Each week, we publish layman’s abstracts of new articles from our prestigious portfolio of journals in statistics. The aim is to highlight the latest research to a broader audience in an accessible format.
The article featured today is from the Canadian Journal of Statistics, with the full article now available to read here.
Tay, J.K., Friedman, J. and Tibshirani, R. (2021), Principal component-guided sparse regression. Can J Statistics. https://doi.org/10.1002/cjs.11617
This paper proposes a new method for fitting predictive models named the “principal components lasso” (“pcLasso“). The fitted model is the solution to a penalized regression problem. The novel penalty term is chosen such that the fitted model has two properties. First, it is “sparse”, meaning that the model’s predictions are based on a small fraction of the features that are available to it. This makes the model easy to interpret and understand. Second, the model’s predictions are more closely aligned to the more important directions of variation in the feature matrix.
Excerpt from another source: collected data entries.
-- ===== src/Samples/Chains.antt =====
-- The theorems on CRAQ, on a chain of three nodes at version 4.
use artillery.Base.{List, inr, ℕ, suc, ◌≡◌, ◌≢◌, refl, [], ◌∷◌, some, false, inl, arith, All}
use artillery.Base.Int.{pos}
use artillery.Base.Dict.{lookup, int_eq}
use artillery.Craq.Chain.{ok, transport, CraqChain}
use artillery.Craq.Server.{
  Remote, answer, refusal, failed, CraqObject, CraqProtoServer, craq, debug, tail_channel,
  successor_channel, no_version, done, eventual,
}
use artillery.Craq.Server.Writes.{handle_write, handle_test_and_set}
use artillery.Craq.Server.Reads.{handle_read}
use artillery.Craq.Server.Faults.{debug_read_fails}
use artillery.Craq.Server.Failures.{AllPanic, handle_write-after_refusal}
use artillery.Craq.Client.{client_write}
use artillery.Craq.Client.RoundTrip.{ReadsValue, client_read-client_write}
use artillery.Craq.Replication.{Downstream, hops}
use artillery.Craq.Replication.Node.{InSync, Holds}
use artillery.Craq.Replication.Head.{
  IsChain, Committed, handle_write-Committed, handle_test_and_set_rejects,
  handle_test_and_set-Committed,
}
use artillery.Craq.Replication.Consistency.{Reads, write_then_read}

abbrev pub object_of : ℕ → CraqObject
object_of byte = record { value = some (byte ∷ []); dirty = some false }

abbrev pub chain_at : ℕ → CraqChain
chain_at i = record {
  nodes = record { host = 10 } ∷ record { host = 20 } ∷ record { host = 30 } ∷ [];
  node_idx = i;
}

-- A node that has its connections; those to the tail go through the other channel on the head.
abbrev pub node_at : ℕ → CraqProtoServer
node_at i = record {
  tp_rx = some tail_channel;
  sp_rx = some successor_channel;
  tp_tx = some tail_channel;
  sp_tx = some successor_channel;
  tail_idle = 1;
  successor_idle = 1;
  chain_ref = chain_at i;
  objects = (pos 4, object_of 7) ∷ [];
  latest_version = pos 4;
  latest_clean_version = pos 4;
  cr_mode = craq;
}

pub node_at-InSync : (i : ℕ) → InSync craq 3 i (pos 4) (node_at i)
node_at-InSync i = record {
  index = refl;
  size = refl;
  in_mode = refl;
  latest = refl;
  clean = refl;
  successors = λ h. (successor_channel, refl, refl, omega arith);
  tails = λ h. (tail_channel, refl, refl, omega arith);
}

abbrev pub behind : Downstream
behind = node_at 1 ∷ node_at 2 ∷ []

IsChain-in_step : IsChain craq 3 (pos 4) (node_at 0) behind
IsChain-in_step = (omega arith, (node_at-InSync 0, (node_at-InSync 1, (node_at-InSync 2, refl))))

handle_write-Committed_example :
    (head' : CraqProtoServer) × (rest' : Downstream) × (handle_write
        (hops 3)
        (object_of 9)
        (node_at 0)
        behind
      ≡ done head' rest' (pos 5))
    × Committed craq 3 (pos 5) (object_of 9) head' rest'
handle_write-Committed_example =
    handle_write-Committed craq 3 3 (pos 4) (object_of 9) (node_at 0) behind (omega arith)
      (omega arith) IsChain-in_step

handle_test_and_set_rejects_example :
    handle_test_and_set (hops 3) (object_of 9) (pos 3) (node_at 0) behind
    ≡ done (node_at 0) behind no_version
handle_test_and_set_rejects_example =
    handle_test_and_set_rejects craq 3 3 (pos 4) (pos 3) (object_of 9) (node_at 0) behind
      IsChain-in_step (λ e. ground arith) (λ e. ground arith)

handle_test_and_set-Committed_example :
    (head' : CraqProtoServer) × (rest' : Downstream) × (handle_test_and_set
        (hops 3)
        (object_of 9)
        (pos 4)
        (node_at 0)
        behind
      ≡ done head' rest' (pos 5))
    × Committed craq 3 (pos 5) (object_of 9) head' rest'
handle_test_and_set-Committed_example =
    handle_test_and_set-Committed craq 3 3 (pos 4) (object_of 9) (node_at 0) behind (omega arith)
      (omega arith) IsChain-in_step

middle-Holds : Holds (pos 4) (object_of 7) (node_at 1)
unfolding lookup
middle-Holds = refl

write_then_read_example :
    (head' : CraqProtoServer) × (rest' : Downstream) × (handle_write
        (hops 3)
        (object_of 9)
        (node_at 0)
        behind
      ≡ done head' rest' (pos 5))
    × All (Reads (hops 1) [] (pos 2) (object_of 9)) (head' ∷ rest')
write_then_read_example =
    write_then_read 3 3 (pos 4) (pos 2) (object_of 9) (node_at 0) behind (hops 1) [] (omega arith)
      (omega arith) (omega arith) (omega arith) IsChain-in_step

debug_read_fails_example :
    handle_read (hops 1) debug (pos 2) (node_at 1) [] ≢ done (node_at 1) [] (object_of 7)
debug_read_fails_example =
    debug_read_fails (hops 1) (pos 2) (node_at 1) (node_at 1) [] [] (object_of 7) refl refl

abbrev refusing : Remote ℕ
refusing = record {
  write_versioned = λ obj version w. (refusal (transport "gone"), suc w);
  version_query = λ w. (refusal (transport "gone"), suc w);
}

abbrev pub answering : Remote ℕ
answering = record {
  write_versioned = λ obj version w. (answer tt, suc w);
  version_query = λ w. (answer (pos 4), suc w);
}

abbrev later : List (Remote ℕ × CraqObject)
later = (answering, object_of 8) ∷ (refusing, object_of 7) ∷ []

handle_write-after_refusal_example :
    (s' : CraqProtoServer) × (handle_write refusing (object_of 9) (node_at 0) 0
      ≡ failed s' 1 (transport "gone"))
    × AllPanic later s' 1
handle_write-after_refusal_example =
    handle_write-after_refusal refusing successor_channel (object_of 9) later (transport "gone")
      (node_at 0) 0 1 (refl, refl, refl, refl) refl refl

client_read-client_write_example :
    let a = client_write (hops 3) (1 ∷ 2 ∷ []) (node_at 0) behind in
    (a.result ≡ ok (pos 5))
    × All (ReadsValue (hops 1) [] eventual (pos 2) (1 ∷ 2 ∷ [])) (a.server ∷ a.others)
client_read-client_write_example =
    client_read-client_write 3 3 (pos 4) (pos 2) (1 ∷ 2 ∷ []) eventual (node_at 0) behind (hops 1)
      [] (omega arith) (omega arith) (omega arith) (omega arith) (inr (inl refl)) IsChain-in_step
These directions of variation, also known as the leading principal components of the feature matrix, are often correlated with variation in the response of interest, so aligning the model’s predictions toward them can often improve prediction performance. pcLasso can be especially powerful if the features are pre-assigned to groups. In that case, pcLasso aligns the model predictions solution toward the leading principal components of the feature group matrices. In the process, it also carries out selection of feature groups, resulting in more interpretable models. The method can be used whether the groups are overlapping or not. The paper also presents some theoretical results for pcLasso and illustrates its performance on simulated and real data examples.